L’impact de l’intervention musclée de la Russie en Ukraine sur l’économie mondiale ― et celle de la Tunisie ― n’est plus à démontrer. La hausse des prix d’une longue liste de matériaux et de produits risque d’entacher considérablement la reprise post-pandémique.
Une nouvelle étude publiée aujourd’hui par la Cnuced a permis de jeter la lumière sous un angle différent sur le rôle important que jouent les deux parties du conflit dans l’approvisionnement d’un grand nombre de pays en produits alimentaires de base.
Les auteurs de l’étude ont signalé que certains pays sont particulièrement dépendants des matières premières agroalimentaires en provenance de la Russie et de l’Ukraine. Ces deux pays sont, à titre d’exemple, les fournisseurs de 25.9% des matières premières alimentaires de la Turquie, de 23% de la Chine et de 13% de l’Inde.
Malheureusement, les pays à faible revenu sont les plus exposés. D’après les calculs de la Cnuced, en moyenne, plus de 5% du panier d’importation des pays les plus pauvres sont des produits susceptibles de faire face à une hausse des prix résultant de la guerre en cours en Ukraine. Ce taux est inférieur à 1% pour les pays plus riches.
Et la Tunisie? La situation est plutôt mitigée.
Le pays importe seulement 3.3% de ses besoins en blé, orge, maïs, graines de colza et huile et graines de tournesol de ces deux fournisseurs. La situation est cependant inquiétante quand on prend en considération nos sources de blé, un composant clé du régime alimentaire tunisien.
D’après les données publiées par la Cnuced, 55% du blé importé par la Tunisie est originaire de ces deux pays, l’Ukraine délivrant 46% de nos achats de cette céréale.
Outre la Tunisie, le continent africain est particulièrement vulnérable à d’éventuelles perturbations dans les marchés de céréales.
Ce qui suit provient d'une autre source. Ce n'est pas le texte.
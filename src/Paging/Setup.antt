-- ===== src/Paging/Setup.antt =====
-- src/system/kernel/hal/paging/paging.c: `initializePhysicalMemoryMap`, with the memory map of
-- src/bootloader/preloader/kernel/kernel_boot_data.h. The log of the sizes is left out.
use gunw_os.Prelude.Outcome.{Outcome, ok, oops, Ensures, ensures_ok, ensures_oops, ensures_result}
use gunw_os.Prelude.{
  ℕ, zero, suc, ◌+◌, ◌-◌, ◌*◌, ◌/◌, ◌≡◌, refl, Bool, true, false, not, ◌&&◌, ◌||◌, Array, update,
  update-all, min, ltb, leb, ◌==◌, if◌then◌else◌, if_holds, word, sub_word,
}
use gunw_os.Proc.{reserved_kernel_mem}
use gunw_os.Fat12.{alignedr}
use gunw_os.Paging.{PhysicalPage, max_physical_page_count, physical_page_count}

abbrev pub mmap_max_entries : ℕ
mmap_max_entries = 128

pub data MemMapRangeType : Type 0 where
  mmrt_none mmrt_memory mmrt_reserved mmrt_other : MemMapRangeType

pub record MemMapEntry : Type 0 where
  pub base_addr_low : ℕ
  pub base_addr_high : ℕ
  pub length_low : ℕ
  pub length_high : ℕ
  pub type : MemMapRangeType

-- The entry of a page of a region.
abbrev pub marked : Bool → ℕ → PhysicalPage
marked usable page =
    let reserved = ltb (page * 4096) reserved_kernel_mem in
    record {
      present = true;
      available = usable;
      reserved = reserved;
      assign_count = if reserved then 1 else 0;
    }

unfoldable pub mark_pages : Bool → ℕ → ℕ → Array PhysicalPage → Array PhysicalPage
mark_pages usable page zero pages = pages
mark_pages usable page (suc n) pages =
    mark_pages usable (page + 1) n (update pages page (marked usable page))

-- Whether the region reaches the end of the 32-bit space.
unfoldable pub is_limited : MemMapEntry → Bool
is_limited e =
    if e.length_high == 0 && e.length_low == 0
    then false
    else not (e.length_high == 0) || leb (word (e.base_addr_low + e.length_low)) e.base_addr_low

-- The first address of a region, and the address behind it, which is 0 at the end of the space:
-- usable memory shrinks to whole pages, a reserved region grows.
abbrev region_start : Bool → MemMapEntry → ℕ
region_start usable e = alignedr e.base_addr_low 4096 usable

abbrev region_next : Bool → MemMapEntry → ℕ
region_next usable e =
    if is_limited e then 0 else alignedr (word (e.base_addr_low + e.length_low)) 4096 (not usable)

-- The first page of a region, and the number of its pages below the end of the physical memory.
unfoldable pub region_pages : Bool → MemMapEntry → ℕ × ℕ
unfolding is_limited
region_pages usable e =
    let start = region_start usable e in
    let next = region_next usable e in
    let flat = next == 0 && start == 0 in
    let length_pages = if flat then max_physical_page_count else sub_word next start / 4096 in
    let start_page = if flat then 0 else start / 4096 in
    (start_page, min (word (start_page + length_pages)) physical_page_count - start_page)

unfoldable pub mark_region : Bool → MemMapEntry → Array PhysicalPage → Array PhysicalPage
unfolding mark_pages region_pages
mark_region usable e pages =
    let (start_page, n) = region_pages usable e in
    if ltb (region_start usable e) e.base_addr_low && usable
    then pages
    else if leb (region_next usable e) (region_start usable e) && not (is_limited e)
    then pages
    else mark_pages usable start_page n pages

unfoldable pub mark_entry : Bool → MemMapEntry → Array PhysicalPage → Array PhysicalPage
unfolding mark_region
mark_entry usable e pages = if e.base_addr_high == 0 then mark_region usable e pages else pages

-- The loop over the entries of the map, from one on.
unfoldable pub mark_entries :
    Array MemMapEntry → ℕ → ℕ → Array PhysicalPage → Outcome (Array PhysicalPage)
unfolding mark_entry
mark_entries map i zero pages = ok pages
mark_entries map i (suc n) pages =
    let rest : Bool → Outcome (Array PhysicalPage) =
      λ usable. mark_entries map (i + 1) n (mark_entry usable (map i) pages) in
    elim (map i).type [
      | mmrt_none ↦ ok pages
      | mmrt_memory ↦ rest true
      | mmrt_reserved ↦ rest false
      | mmrt_other ↦ oops
    ]

unfoldable pub initialize_physical_memory_map :
    Array MemMapEntry → Array PhysicalPage → Outcome (Array PhysicalPage)
unfolding mark_entries
initialize_physical_memory_map map pages = mark_entries map 0 mmap_max_entries pages

-- A page that is installed is reserved exactly if the kernel's memory holds it, and then counted as
-- assigned.
pub record IsMarked (page : ℕ) (f : PhysicalPage) : Type 0 where
  pub reserved : f.present ≡ true → f.reserved ≡ ltb (page * 4096) reserved_kernel_mem
  pub count :
      f.present ≡ true → f.assign_count ≡ (if ltb (page * 4096) reserved_kernel_mem then 1 else 0)

abbrev pub AllMarked : Array PhysicalPage → Type 0
AllMarked pages = (page : ℕ) → IsMarked page (pages page)

mark_pages-AllMarked :
    (usable : Bool) (page n : ℕ) (pages : Array PhysicalPage)
    → AllMarked pages
    → AllMarked (mark_pages usable page n pages)
unfolding mark_pages
mark_pages-AllMarked usable page zero pages v = v
mark_pages-AllMarked usable page (suc n) pages v = mark_pages-AllMarked usable (page + 1) n _ (
    update-all IsMarked pages page (marked usable page)
      (record { reserved = λ _. refl; count = λ _. refl }) v)

mark_entry-AllMarked :
    (usable : Bool) (e : MemMapEntry) (pages : Array PhysicalPage)
    → AllMarked pages
    → AllMarked (mark_entry usable e pages)
unfolding mark_entry mark_region
mark_entry-AllMarked usable e pages v =
    if_holds AllMarked (e.base_addr_high == 0) _ _
      (λ _.
        if_holds AllMarked (ltb (region_start usable e) e.base_addr_low && usable) _ _ (λ _. v)
          λ _.
            if_holds AllMarked
              (leb (region_next usable e) (region_start usable e) && not (is_limited e)) _ _
              (λ _. v)
              λ _.
                mark_pages-AllMarked usable (region_pages usable e).0 (region_pages usable e).1
                  pages v)
      (λ _. v)

mark_entries-AllMarked :
    (map : Array MemMapEntry) (i n : ℕ) (pages : Array PhysicalPage)
    → AllMarked pages
    → Ensures AllMarked (mark_entries map i n pages)
unfolding mark_entries
mark_entries-AllMarked map i zero pages v = ensures_ok v
mark_entries-AllMarked map i (suc n) pages v = at (map i).type (λ u.
    mark_entries-AllMarked map (i + 1) n (mark_entry u (map i) pages)
      (mark_entry-AllMarked u (map i) pages v))
  where
    at :
        (t : MemMapRangeType)
        → ((u : Bool) → Ensures AllMarked (mark_entries map (i + 1) n (mark_entry u (map i) pages)))
        → Ensures AllMarked (elim t [
          | mmrt_none ↦ ok pages
          | mmrt_memory ↦ mark_entries map (i + 1) n (mark_entry true (map i) pages)
          | mmrt_reserved ↦ mark_entries map (i + 1) n (mark_entry false (map i) pages)
          | mmrt_other ↦ oops
        ])
    at mmrt_none rest = ensures_ok v
    at mmrt_memory rest = rest true
    at mmrt_reserved rest = rest false
    at mmrt_other rest = ensures_oops

-- If the set-up from a memory map returns, with no page installed before, then every installed
-- page is reserved exactly if it lies in the memory of the kernel, and counted as assigned
-- exactly then.
pub initialize_physical_memory_map-AllMarked :
    (map : Array MemMapEntry) (pages pages' : Array PhysicalPage)
    → ((page : ℕ) → (pages page).present ≡ false)
    → initialize_physical_memory_map map pages ≡ ok pages'
    → (page : ℕ) → IsMarked page (pages' page)
unfolding initialize_physical_memory_map
initialize_physical_memory_map-AllMarked map pages pages' z e =
    ensures_result
      (mark_entries-AllMarked map 0 128 pages (λ page. record {
        reserved = λ h. absurd (cc (z page));
        count = λ h. absurd (cc (z page));
      }))
      e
Entre 2018 et 2020, l’Afrique a importé 3.7 milliards de dollars de blé (32% des importations totales de blé africain) de la Fédération de Russie et 1.4 milliard de dollars supplémentaires d’Ukraine (12 % des importations totales de blé africain).
Pas moins de 25 pays africains, dont de nombreux pays parmi les moins avancés, importent plus d’un tiers de leur blé des deux pays, et 15 d’entre eux en importent plus de la moitié.
En outre, les possibilités de remplacer les importations en provenance de la Russie et de l’Ukraine par le commerce intra-africain sont limitées, car l’offre régionale de blé est relativement faible et de nombreuses régions du continent manquent d’infrastructures de transport et de capacités de stockage efficaces.
Dans ce contexte, et compte tenu des chocs spécifiques aux pays, du changement climatique, des restrictions à l’exportation et de la constitution de stocks, il pourrait y avoir un risque de crises d’insécurité alimentaire dans certaines régions, en particulier si l’augmentation des coûts des engrais et d’autres intrants à forte intensité énergétique a un impact négatif sur la prochaine saison agricole.
Une nouvelle hausse des coûts des intrants est un facteur de risque important en Afrique, car les coûts de l’urée et du phosphate ― deux composants majeurs des engrais ― avaient déjà augmenté de 30 et 4%, respectivement, à la fin de 2021.